Exame - É simples assim? É apenas uma questão de manter os sistemas atualizados?
Papadopoulos - É um pouco mais complicado. As empresas não podem tratar a segurança da informação como se fosse um problema apenas do departamento de tecnologia da informação, como ocorre em algumas companhias. É um risco que afeta toda a organização. Outra medida importante é ter um executivo sênior responsável pela segurança digital e criar um grupo de trabalho com envolvimento de todos os departamentos — incluindo recursos humanos, jurídico e comunicações. Com esse grupo, a empresa deve definir quais são os sistemas mais críticos e que precisam de uma proteção ainda mais avançada. No caso de um hospital, por exemplo, é essencial que os dados dos pacientes e os equipamentos médicos estejam sempre livres de ataques e em funcionamento. Mas talvez seja mais aceitável se o sistema de recursos humanos ficar fora do ar por um tempo no caso de um ataque. Com base nessa análise inicial, é possível implementar as estratégias. Com tantas ameaças, empresas maduras precisam lidar com a segurança digital como uma questão de gestão de risco e governança, e não como um problema puramente técnico.

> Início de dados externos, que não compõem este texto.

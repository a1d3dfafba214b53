-- ===== src/Batch/Day.antt =====
-- One daily run by `execute_batch`, when no run is going on.
use dost_review_api.Prelude.{
  ℕ, suc, eq_refl, ◌≡◌, refl, true, false, Option, none, some, List, [], ◌∷◌, arith, All,
  Bool-cases, inl, inr,
}
use dost_review_api.Models.{Uuid, Instant}
use dost_review_api.Review.{Row, update_where}
use dost_review_api.Batch.Database.{completed, RunReport, counted, BatchRun, Db, elem}
use dost_review_api.Batch.Engine.{
  Settings, Env, Ended, Work, finished, raised, in_except, run_batch,
}
use dost_review_api.Batch.Runner.{
  RunnerEnv, requeue_raises, is_running, update_runs, find_run, in_batches, requeue, is_stale,
  close_stale, stale_ids, sweep_stale_batches, new_run, start_given, start_unless_running,
  start_swept, start_batch, has_run_id, close_run, record_end, finish_run, run_batch_to_completion,
  after_start, execute_batch,
}
use dost_review_api.Batch.Counts.{run_batch-ends}
use dost_review_api.Batch.Ids.{run_batch-runs}
use dost_review_api.Batch.Drain.{Ready, Healthy, after-Ready}

abbrev pub IsIdle : List BatchRun → Type 0
IsIdle = All (λ b. is_running b.status ≡ false)

-- What one day brings: the calls of the run, those of the runner, and the id that `uuid4` returns.
pub record Day : Type 0 where
  pub env : Env
  pub runner : RunnerEnv
  pub fresh : Uuid

unfoldable pub run_daily : Settings → List Day → Db → Db
run_daily settings [] db = db
run_daily settings (d ∷ days) db =
    run_daily settings days (execute_batch settings d.env d.runner d.fresh db).1

-- A day on which nothing of the runner raises and the run is healthy.
abbrev pub IsHealthy : Day → Type 0
IsHealthy d =
    Healthy d.env × (d.runner.sweep_requeue_fails ≡ false) × (d.runner.finish_fails ≡ false)

idle-closed :
    (renv : RunnerEnv) (runs : List BatchRun)
    → IsIdle runs
    → update_runs (is_stale renv) (close_stale renv.now) runs ≡ runs
unfolding update_runs is_stale
idle-closed renv [] h = refl
idle-closed renv (b ∷ runs) h = ground (arith, h.0, idle-closed renv runs h.1)

idle-stale : (renv : RunnerEnv) (runs : List BatchRun) → IsIdle runs → stale_ids renv runs ≡ []
unfolding stale_ids is_stale
idle-stale renv [] h = refl
idle-stale renv (b ∷ runs) h = ground (arith, h.0, idle-stale renv runs h.1)

idle-none : (runs : List BatchRun) → IsIdle runs → find_run (λ b. is_running b.status) runs ≡ none
unfolding find_run
idle-none [] h = refl
idle-none (b ∷ runs) h = ground (arith, h.0, idle-none runs h.1)

in_batches-none : (b : Option Uuid) → in_batches [] b ≡ false
unfolding in_batches elem
in_batches-none none = refl
in_batches-none (some b) = refl

requeue-none : (rows : List Row) → requeue [] rows ≡ rows
unfolding requeue update_where
requeue-none [] = refl
requeue-none (r ∷ rows) = ground (arith, in_batches-none r.batch_id, requeue-none rows)

closed-IsIdle :
    (id : Uuid) (report : RunReport) (now : Instant) (runs : List BatchRun)
    → IsIdle runs
    → IsIdle (update_runs (has_run_id id) (close_run completed report now) runs)
unfolding update_runs close_run
closed-IsIdle id report now [] h = tt
closed-IsIdle id report now (b ∷ runs) h = elim (Bool-cases (has_run_id id b)) [
  | inl e ↦ rw e (refl, closed-IsIdle id report now runs h.1)
  | inr e ↦ rw e (h.0, closed-IsIdle id report now runs h.1)
]

new-IsIdle :
    (id : Uuid) (report : RunReport) (now start : Instant) (runs : List BatchRun)
    → IsIdle runs
    → IsIdle
        (update_runs (has_run_id id) (close_run completed report now) (new_run id start ∷ runs))
unfolding update_runs has_run_id new_run
new-IsIdle id report now start runs h =
    rw (eq_refl id) (unfold close_run in refl, closed-IsIdle id report now runs h)

finish_completed :
    (renv : RunnerEnv) (id : Uuid) (r : Ended × Work)
    → r.0 ≡ finished
    → renv.finish_fails ≡ false
    → finish_run renv id r
      ≡ (completed, record_end id completed (counted r.1.stats) renv.now r.1.db)
unfolding finish_run
finish_completed renv id (finished, w) e h = rw h refl
finish_completed renv id (raised, w) e h = cc

module _ (settings : Settings) (d : Day) (db : Db) (healthy : IsHealthy d)
    (idle : IsIdle db.runs) where
  abbrev started : Db
  started = record db { runs = new_run d.fresh d.runner.now ∷ db.runs }

  abbrev worked : Work
  worked = (run_batch settings d.env d.fresh started).1

  sweep_idle : sweep_stale_batches d.runner db ≡ (finished, db)
  unfolding sweep_stale_batches requeue_raises
  sweep_idle =
      rw (idle-closed d.runner db.runs idle, idle-stale d.runner db.runs idle, requeue-none) refl

  start_idle : start_batch d.runner d.fresh db ≡ (some (d.fresh, true), started)
  unfolding start_batch start_swept start_unless_running start_given
  start_idle = rw (sweep_idle, idle-none db.runs idle) refl

  ends : (run_batch settings d.env d.fresh started).0 ≡ finished
  ends =
      run_batch-ends settings d.env d.fresh started healthy.0.0 healthy.0.1 (healthy.0.3 in_except)

  execute_batch-idle :
      (execute_batch settings d.env d.runner d.fresh db).1
      ≡ record_end d.fresh completed (counted worked.stats) d.runner.now worked.db
  unfolding execute_batch after_start run_batch_to_completion
  execute_batch-idle =
      rw
        (
          start_idle,
          finish_completed d.runner d.fresh (run_batch settings d.env d.fresh started) ends
              healthy.2,
        )
        refl

  pub day-IsIdle : IsIdle (execute_batch settings d.env d.runner d.fresh db).1.runs
  day-IsIdle = rw execute_batch-idle (
      unfold record_end in
      rw (run_batch-runs settings d.env d.fresh started)
        (new-IsIdle d.fresh (counted worked.stats) d.runner.now d.runner.now db.runs idle))

  pub day-Ready :
      (i : ℕ)
      → Ready settings i db.reviews
      → Ready settings (suc i) (execute_batch settings d.env d.runner d.fresh db).1.reviews
  day-Ready i ready =
      rw execute_batch-idle
        (unfold record_end in after-Ready settings d.env d.fresh started i healthy.0 ready)
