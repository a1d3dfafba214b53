-- ===== src/Batch/Daily.antt =====
-- Daily runs by `execute_batch`, one after another: how many of them a waiting review may need.
use dost_review_api.Prelude.{
  ℕ, suc, ◌+◌, ◌≤◌, ◌<◌, ◌==◌, ◌≡◌, refl, subst, true, false, some, List, [], ◌∷◌, arith, count,
  length, All, Bool-cases, inl, inr,
}
use dost_review_api.Models.{Uuid}
use dost_review_api.Review.{Row, is_gated, find, is_processing}
use dost_review_api.Review.Laws.{HasUniqueIds}
use dost_review_api.Batch.Database.{Db}
use dost_review_api.Batch.Engine.{Settings}
use dost_review_api.Batch.Runner.{is_running, execute_batch}
use dost_review_api.Batch.Retries.{is_open, IsBounded}
use dost_review_api.Batch.Updates.{All-found, All-mono, All-both}
use dost_review_api.Batch.Drain.{Patient, Ready}
use dost_review_api.Batch.Waiting.{waits}
use dost_review_api.Batch.Day.{IsIdle, Day, run_daily, IsHealthy, day-IsIdle, day-Ready}

some_injective : (s r : Row) → some s ≡ some r → s ≡ r
some_injective s r e = cc

-- Below the limit and past it at once: nothing is open any more.
Ready-closed :
    (settings : Settings) (i : ℕ) (rows : List Row)
    → Ready settings i rows
    → settings.max_review_retries ≤ i
    → All (λ r. is_open r.status ≡ false) rows
Ready-closed settings i rows ready enough =
    All-mono
      (λ r.
        (is_open r.status ≡ true → r.retry_count < settings.max_review_retries)
        × (find r.id rows ≡ some r))
      (λ r. is_open r.status ≡ false) rows (λ r h. closed r h.0 (ready.3 r.id r h.1))
      (All-both (λ r. is_open r.status ≡ true → r.retry_count < settings.max_review_retries)
        (λ r. find r.id rows ≡ some r) rows ready.1 (All-found rows ready.0))
  where
    closed :
        (r : Row)
        → (is_open r.status ≡ true → r.retry_count < settings.max_review_retries)
        → Patient i r
        → is_open r.status ≡ false
    closed r below patient = elim (Bool-cases (is_gated r.status)) [
      | inl w ↦ absurd (omega (arith, below (rw w refl), patient.1 w, enough))
      | inr w ↦ rw (w, patient.0) refl
    ]

All-at :
    (Q : Row → Type 0) (k : Uuid) (r : Row) (rows : List Row)
    → All Q rows
    → find k rows ≡ some r
    → Q r
unfolding find
All-at Q k r [] h e = cc
All-at Q k r (s ∷ rows) h e = elim (Bool-cases (s.id == k)) [
  | inl same ↦ subst Q (some_injective s r (rw same at e)) h.0
  | inr other ↦ All-at Q k r rows h.1 (rw other at e)
]

run_daily-Ready :
    (settings : Settings) (i : ℕ) (days : List Day) (db : Db)
    → All IsHealthy days
    → IsIdle db.runs
    → Ready settings i db.reviews
    → Ready settings (length days + i) (run_daily settings days db).reviews
unfolding run_daily
run_daily-Ready settings i [] db healthy idle ready =
    subst (λ (n : ℕ). Ready settings n db.reviews) (omega arith) ready
run_daily-Ready settings i (d ∷ days) db healthy idle ready =
    subst (λ (n : ℕ). Ready settings n (run_daily settings (d ∷ days) db).reviews) (omega arith)
      (run_daily-Ready settings (suc i) days (execute_batch settings d.env d.runner d.fresh db).1
        healthy.1 (day-IsIdle settings d db healthy.0 idle)
        (day-Ready settings d db healthy.0 idle i ready))

-- As many healthy daily runs of `execute_batch` as the limit of retries leave no review that is still to
-- be processed, whatever the engine replies: from a table with unique ids and no run going on, in which no
-- review is PROCESSING, every open one has failed fewer times than the limit, and the GATED ones fit into
-- one run. On a healthy day the requeue of the sweep, the claim, the updates of failed reviews and the
-- statement that closes the run go through, the engine loads, and no row is locked; the load and the
-- commit of a profile may raise.
pub run_daily-drains :
    (settings : Settings) (days : List Day) (db : Db)
    → All IsHealthy days
    → All (λ b. is_running b.status ≡ false) db.runs
    → HasUniqueIds db.reviews
    → IsBounded settings.max_review_retries db.reviews
    → All (λ r. is_processing r.status ≡ false) db.reviews
    → count waits db.reviews ≤ settings.max_reviews_per_batch
    → settings.max_review_retries ≤ length days
    → All (λ r. is_open r.status ≡ false) (run_daily settings days db).reviews
run_daily-drains settings days db healthy idle unique bounded left fits enough =
    Ready-closed settings (length days + 0) (run_daily settings days db).reviews
      (run_daily-Ready settings 0 days db healthy idle (
        unique,
        bounded,
        fits,
        (λ k r e. (
          All-at (λ r. is_processing r.status ≡ false) k r db.reviews left e,
          (λ w. omega arith),
        )),
      ))
      (omega (arith, enough))
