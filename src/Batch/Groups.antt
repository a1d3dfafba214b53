-- ===== src/Batch/Groups.antt =====
-- The grouping of the claimed rows, against a description of it.
use mathlib.Core.List.{append_assoc, append-nil}
use dost_review_api.Prelude.{
  ◌==◌, eq_iff, eq_refl, ◌≡◌, refl, sym, ap, ◌∙◌, Bool, true, false, List, [], ◌∷◌, ◌++◌, map,
  arith, keep, if◌then◌else◌, Bool-cases, inl, inr,
}
use dost_review_api.Models.{Uuid}
use dost_review_api.Review.{Row}
use dost_review_api.Batch.Database.{elem}
use dost_review_api.Batch.Claim.{Group, add_to_group, group_onto, group_by_profile}
use dost_review_api.Batch.Updates.{elem-append}

-- The rows of a profile.
abbrev pub rows_of : List Row → Uuid → List Row
rows_of rows k = keep (λ r. r.target_profile_id == k) rows

-- The profiles in the order in which they first appear, less those that have been seen.
pub first_seen : List Uuid → List Row → List Uuid
first_seen seen [] = []
first_seen seen (r ∷ rows) =
    if elem r.target_profile_id seen
    then first_seen seen rows
    else r.target_profile_id ∷ first_seen (seen ++ r.target_profile_id ∷ []) rows

abbrev extended : List Row → List Group → List Group
extended rows groups = map (λ g. (g.0, g.1 ++ rows_of rows g.0)) groups

abbrev new_groups : List Row → List Uuid → List Group
new_groups rows ks = map (λ k. (k, rows_of rows k)) ks

abbrev keys : List Group → List Uuid
keys groups = map (λ g. g.0) groups

abbrev HasUniqueKeys : List Group → Type 0
HasUniqueKeys [] = Unit
HasUniqueKeys (g ∷ groups) = (elem g.0 (keys groups) ≡ false) × HasUniqueKeys groups

new_groups-seen :
    (r : Row) (all rows : List Row) (seen : List Uuid)
    → elem r.target_profile_id seen ≡ true
    → new_groups (r ∷ all) (first_seen seen rows) ≡ new_groups all (first_seen seen rows)
unfolding first_seen
new_groups-seen r all [] seen h = refl
new_groups-seen r all (s ∷ rows) seen h = elim (Bool-cases (elem s.target_profile_id seen)) [
  | inl e ↦ rw e (new_groups-seen r all rows seen h)
  | inr e ↦
      let other : (r.target_profile_id == s.target_profile_id) ≡ false =
        ground (arith, h, e, eq_iff r.target_profile_id s.target_profile_id) in
      rw (e, other)
        (ap (λ (gs : List Group). (s.target_profile_id, rows_of all s.target_profile_id) ∷ gs)
          (new_groups-seen r all rows (seen ++ s.target_profile_id ∷ [])
            (rw (elem-append r.target_profile_id seen (s.target_profile_id ∷ []), h) refl)))
]

swap_test : (a b : Uuid) → (a == b) ≡ (b == a)
swap_test a b = ground (arith, eq_iff a b, eq_iff b a)

extended-nil : (groups : List Group) → extended [] groups ≡ groups
extended-nil [] = refl
extended-nil ((k, rows) ∷ groups) =
    rw (append-nil rows) (ap (λ (gs : List Group). (k, rows) ∷ gs) (extended-nil groups))

keys-add :
    (r : Row) (groups : List Group)
    → keys (add_to_group r groups) ≡ (
        if elem r.target_profile_id (keys groups)
        then keys groups
        else keys groups ++ r.target_profile_id ∷ [])
unfolding add_to_group elem
keys-add r [] = refl
keys-add r ((k, rs) ∷ groups) = ground (arith, keys-add r groups)

elem-keys-add :
    (k : Uuid) (r : Row) (groups : List Group)
    → (k == r.target_profile_id) ≡ false
    → elem k (keys groups) ≡ false
    → elem k (keys (add_to_group r groups)) ≡ false
unfolding add_to_group elem
elem-keys-add k r [] ne h = rw (swap_test r.target_profile_id k) (rw ne refl)
elem-keys-add k r ((j, rs) ∷ groups) ne h = ground (arith, elem-keys-add k r groups ne, h)

add-HasUniqueKeys :
    (r : Row) (groups : List Group) → HasUniqueKeys groups → HasUniqueKeys (add_to_group r groups)
unfolding add_to_group elem
add-HasUniqueKeys r [] u = (refl, tt)
add-HasUniqueKeys r ((k, rs) ∷ groups) u = elim (Bool-cases (k == r.target_profile_id)) [
  | inl e ↦ rw e u
  | inr e ↦ rw e (elem-keys-add k r groups e u.0, add-HasUniqueKeys r groups u.1)
]

extended-absent :
    (r : Row) (rows : List Row) (groups : List Group)
    → elem r.target_profile_id (keys groups) ≡ false
    → extended (r ∷ rows) groups ≡ extended rows groups
unfolding elem
extended-absent r rows [] h = refl
extended-absent r rows ((k, rs) ∷ groups) h =
    let other : (k == r.target_profile_id) ≡ false = ground (arith, h) in
    rw (swap_test r.target_profile_id k, other)
      (ap (λ (gs : List Group). (k, rs ++ rows_of rows k) ∷ gs)
        (extended-absent r rows groups (rw other at h)))

-- The group that a row opens, if none of its profile is there.
abbrev opened : Row → List Row → Bool → List Group
opened r rows true = []
opened r rows false = (r.target_profile_id, r ∷ rows_of rows r.target_profile_id) ∷ []

extended-add :
    (r : Row) (rows : List Row) (groups : List Group)
    → HasUniqueKeys groups
    → extended rows (add_to_group r groups)
      ≡ extended (r ∷ rows) groups ++ opened r rows (elem r.target_profile_id (keys groups))
unfolding elem add_to_group
extended-add r rows [] u = refl
extended-add r rows ((k, rs) ∷ groups) u = elim (Bool-cases (k == r.target_profile_id)) [
  | inl e ↦
      let key : k ≡ r.target_profile_id = (eq_iff k r.target_profile_id).0 e in
      rw (swap_test r.target_profile_id k) (
        rw (e, append_assoc, append-nil)
          (ap (λ (gs : List Group). (k, rs ++ r ∷ rows_of rows k) ∷ gs)
            (sym (extended-absent r rows groups (rw key at u.0)))))
  | inr e ↦ rw (swap_test r.target_profile_id k) (
      rw (e, elem, opened)
        (ap (λ (gs : List Group). (k, rs ++ rows_of rows k) ∷ gs) (extended-add r rows groups u.1)))
]

opened-first_seen :
    (r : Row) (rows : List Row) (seen : List Uuid) (e : Bool)
    → elem r.target_profile_id seen ≡ e
    → opened r rows e
        ++ new_groups rows (first_seen (if e then seen else seen ++ r.target_profile_id ∷ []) rows)
      ≡ new_groups (r ∷ rows) (first_seen seen (r ∷ rows))
unfolding first_seen
opened-first_seen r rows seen true is = rw is (sym (new_groups-seen r rows rows seen is))
opened-first_seen r rows seen false is =
    rw (is, eq_refl r.target_profile_id)
      (ap (λ (gs : List Group). (r.target_profile_id, r ∷ rows_of rows r.target_profile_id) ∷ gs)
        (sym (
          new_groups-seen r rows rows (seen ++ r.target_profile_id ∷ []) (
            rw (elem-append r.target_profile_id seen (r.target_profile_id ∷ []), is)
              (unfold elem in rw (eq_refl r.target_profile_id) refl)))))

group_onto-extends :
    (rows : List Row) (groups : List Group)
    → HasUniqueKeys groups
    → group_onto groups rows
      ≡ extended rows groups ++ new_groups rows (first_seen (keys groups) rows)
unfolding group_onto
group_onto-extends [] groups u =
    unfold first_seen in sym (append-nil (extended [] groups) ∙ extended-nil groups)
group_onto-extends (r ∷ rows) groups u =
    group_onto-extends rows (add_to_group r groups) (add-HasUniqueKeys r groups u)
    ∙ rw (extended-add r rows groups u, keys-add r groups, append_assoc)
        (ap (λ (gs : List Group). extended (r ∷ rows) groups ++ gs)
          (opened-first_seen r rows (keys groups) (elem r.target_profile_id (keys groups)) refl))

-- The rows are grouped as a description of one line has it: the profiles in the order in which they first
-- appear, each with all its rows in their order.
pub group_by_profile-first_seen :
    (rows : List Row)
    → group_by_profile rows
      ≡ map (λ k. (k, keep (λ r. r.target_profile_id == k) rows)) (first_seen [] rows)
unfolding group_by_profile
group_by_profile-first_seen rows = group_onto-extends rows [] tt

Exame - Quais são as maiores lições do WannaCry para o governo americano?
Papadopoulos - Para o governo, ficou uma lição muito importante. Descobrir a vulneralibilidade de um sistema operacional e manter isso em segredo para realizar espionagens nem sempre é a melhor alternativa. Hackers podem seguir o mesmo caminho e causar muitos prejuízos. Não podemos esquecer que as companhias e os cidadãos também contam com o governo americano para manter a segurança do país. É preciso fazer um debate público para definir qual é o ponto de equilíbrio. A vulnerabilidade que o WannaCry explorou foi descoberta pela agência de inteligência americana NSA antes de a Microsoft avisar o público sobre ela em março deste ano. Acredito que veremos mais pressão por parte de políticos, empresas e cidadãos para que o serviço de inteligência divulgue as brechas antes que seja tarde. Depois do ataque, Brad -Smith, chefe legal da Microsoft, publicou um texto criticando o governo por mantê-las em segredo e escreveu: “O ataque é um alerta para que despertemos”. De fato, é um alerta.